Men are irrelevant. Women are happy or unhappy, fulfilled or unfulfilled and it has nothing to do with men. So says Fay Weldon in her outstanding, droll and piercingly alleged novel. Her ladies are undeniably decrepit by life but the majority of them is harsh and hardwearing and manages to continue to exist the disappointments, the love relationships, and the broken marriages. While Praxis tells the story of a lady from untimely days to adulthood. The book begins in period of war Brighton and follows Praxis in her a variety of personalities whore, adulteress and finally murderer. Praxis is Fay Weldon's best, most determined, most delightful novel. And Praxis Duveen is truly a modern heroine, buffeted and battered by life, by women and men, by her - wry, funny, pretty, innocent, knowing - yet surviving. Her story begins in the 1920's in the seaside town of Brighton. When we leave her in the 1970's, in London, she has become - despite herself? – “A world-famous women's leader”. (Benstock, 1987) Praxis, Ms. Weldon tells us, is a Victorian woman's name. It also means turning point and orgasm. An astonishingly vivid and wickedly funny portrait of a woman and her times, Praxis is a story told from two viewpoints - Praxis as a young girl and Praxis as an old woman. At age five, Praxis Duveen is "the pretty one," her sister, Hypatia, "the artistic one, and very sensitive;" their mother, Lucy, "clearly valued sensitivity above prettiness." While Lucy fights to protect her place in the heart of her children's father - not her husband - and in the eyes of a society not of her choosing, Hypatia collects awards in school and Praxis propels herself into life and love. Looking back as an old woman, Praxis cannot forgive her mother or cherish her memories: I, Praxis Duveen, being old and scarcely in my right mind, now bequeath you my memories. They may help you: they certainly do nothing to sustain me, let alone assist my bones to clamber out of the bath. Neither the young nor the old Praxis are especially likeable, and both are subject to wild errors in judgment. Fay Weldon pulls no punches in her pointed and witty observations of British “middle-class values” (Felski, 1989) and behavior as she creates a discomfortingly authentic picture of an ordinary woman in a social organize that does not assessment women.
Works Cited
- Bauer, Dale M. Feminist Dialogics: A Theory of Failed Community. Albany: State University of New York Press, 1988.
- Baym, Nina. American Women Writers and the Work of History, 1790-1860. New Brunswick, NJ: Rutgers University Press, 1995.
- Chambers-Schiller, Lee Virginia. Liberty, A Better Husband: Single Woman in America: The Generations of 1780-1840. New Haven, CT: Yale University Press, 1984.
- Lauret, Maria. Liberating Literature: Feminist Fiction in America. New York: Routledge, 1994.
- Westling, Louise. The Green Breast of the New World: Landscape, Gender and American Fiction. Athens: University of Georgia Press, 1996.

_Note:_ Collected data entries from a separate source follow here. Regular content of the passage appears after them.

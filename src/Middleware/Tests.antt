-- ===== src/Middleware/Tests.antt =====
-- Concrete clients for the module Middleware.
use passmower.Prelude.{none, some, true, false, [], ◌∷◌, ◌≡◌, refl, any}
use passmower.Middleware.{
  Resource, MiddlewareClient, Answers, from_incoming_client, to_middleware_spec, reconcile_create,
  reconcile_update, write_middleware, create_client, update_client, destroys, reports,
}
use passmower.Middleware.Honest.{
  is_upsert, is_enabled, target, handle, added, modified, handle-upsert, handle-ready,
}

abbrev wiki : Resource
wiki = record {
  name = "wiki";
  namespace = "apps";
  groups = none;
  users = some ("alice" ∷ []);
  headers = some (("user", "Remote-User") ∷ ("email", "") ∷ []);
  uri = none;
  display_name = none;
  display_order = none;
  disabled = none;
  instance_of = none;
}

abbrev claimed_wiki : MiddlewareClient
claimed_wiki = from_incoming_client (record wiki { instance_of = some "one" })

abbrev disabled_wiki : MiddlewareClient
disabled_wiki =
    from_incoming_client (record wiki { instance_of = some "one"; disabled = some true })

abbrev answers : Answers
answers = record {
  mine = "one";
  deployment = "passmower";
  own_namespace = "auth";
  redirect_uri = "https://auth.example/forward-auth/callback";
  uuid = "0000";
  claimed = some claimed_wiki;
  middleware_exists = false;
  middleware_ok = true;
  redis_ok = true;
}

drops_empty_headers :
    (to_middleware_spec "passmower" "auth" claimed_wiki).auth_response_headers ≡ "Remote-User" ∷ []
unfolding to_middleware_spec from_incoming_client
drops_empty_headers = refl

disabled_keeps_middleware :
    update_client true answers disabled_wiki
    ≡ destroys "middleware-apps.wiki" ∷ reports true "Disabled" ∷ []
unfolding update_client reconcile_update from_incoming_client
disabled_keeps_middleware = refl

leaves_foreign : create_client (record answers { mine = "two" }) claimed_wiki ≡ []
unfolding create_client from_incoming_client
leaves_foreign = refl

handle-upsert_example :
    (is_enabled (target answers (from_incoming_client wiki)) ≡ true)
    × (answers.middleware_ok ≡ true)
unfolding create_client reconcile_create write_middleware from_incoming_client
handle-upsert_example = handle-upsert added answers (from_incoming_client wiki) refl

handle-ready_example :
    (answers.redis_ok ≡ true)
    × (any is_upsert (handle (modified true) answers disabled_wiki)
        ≡ is_enabled (target answers disabled_wiki))
unfolding update_client reconcile_update from_incoming_client
handle-ready_example = handle-ready (modified true) answers disabled_wiki refl
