-- ===== src/Ownership/Conflicts.antt =====
-- The conflicts of an account that is not eligible.
use passmower.Prelude.{
  String, Option, none, some, Bool, true, false, not, List, [], ◌∷◌, ◌++◌, ◌==◌, ◌≡◌, refl, Assoc,
  lookup, lookup-insert, is_empty, is_some, get_or, arith, Bool-cases,
}
use passmower.Account.{Account}
use passmower.Ownership.{
  EmailText, Conflict, add_conflict, add_conflicts, conflicts_from, is_eligible,
  assess_email_ownership,
}

-- No account has an empty list of conflicts.
abbrev full : Assoc (List Conflict) → String → Bool
full m id = elim (lookup id m) [ none ↦ true | some cs ↦ not (is_empty cs) ]

nonempty-append : (xs : List Conflict) (x : Conflict) → is_empty (xs ++ x ∷ []) ≡ false
nonempty-append [] x = refl
nonempty-append (y ∷ ys) x = refl

full-add_conflicts :
    (id e owner : String) (ds : List Account) (m : Assoc (List Conflict))
    → full m id ≡ true
    → full (add_conflicts e owner m ds) id ≡ true
unfolding add_conflicts add_conflict
full-add_conflicts id e owner [] m h = h
full-add_conflicts id e owner (d ∷ ds) m h =
    full-add_conflicts id e owner ds (add_conflict e owner m d.account_id) (
      let cs =
        get_or (lookup d.account_id m) [] ++ record { email = e; owner_account_id = owner } ∷ [] in
      ground (
        arith,
        h,
        lookup-insert d.account_id id cs m,
        nonempty-append (get_or (lookup d.account_id m) [])
            (record { email = e; owner_account_id = owner }),
        Bool-cases (d.account_id == id),
      ))

full-conflicts_from :
    (id : String) (claims : Assoc (List Account)) (m : Assoc (List Conflict))
    → full m id ≡ true
    → full (conflicts_from m claims) id ≡ true
unfolding conflicts_from
full-conflicts_from id [] m h = h
full-conflicts_from id ((e, []) ∷ claims) m h = full-conflicts_from id claims m h
full-conflicts_from id ((e, o ∷ ds) ∷ claims) m h =
    full-conflicts_from id claims (add_conflicts e o.account_id m ds)
      (full-add_conflicts id e o.account_id ds m h)

full-is_empty :
    (o : Option (List Conflict))
    → (elim o [ none ↦ true | some cs ↦ not (is_empty cs) ]) ≡ true
    → is_empty (get_or o []) ≡ not (is_some o)
full-is_empty none h = refl
full-is_empty (some []) h = absurd (ground (arith, h))
full-is_empty (some (c ∷ cs)) h = refl

-- An account has no conflicts exactly if it is eligible.
pub no_conflicts-is_eligible :
    (t : EmailText) (accounts : List Account) (a : Account)
    → let o = assess_email_ownership t accounts in
      is_empty (get_or (lookup a.account_id o.conflicts) []) ≡ is_eligible o a
unfolding is_eligible assess_email_ownership
no_conflicts-is_eligible t accounts a =
    full-is_empty (lookup a.account_id (assess_email_ownership t accounts).conflicts)
      (full-conflicts_from a.account_id _ [] refl)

- Yellin, Jean Fagan.. Women and Sisters: The Antislavery Feminists in American Culture. New Haven, CT: Yale University Press, 1989.
- Fetterley, Judith. The Resisting Reader: A Feminist Approach to American Fiction. Bloomington: Indiana University Press, 1978.
- Douglas, Ann. The Feminization of American Culture. New York: Alfred A. Knopf, 1977.
- Benstock, Shari, ed. Feminist Issues in Literary Scholarship. Bloomington: Indiana University Press, 1987.
- Felski, Rita. Beyond Feminist Aesthetics: Feminist Literature and Social Change. Cambridge, MA: Harvard University Press, 1989.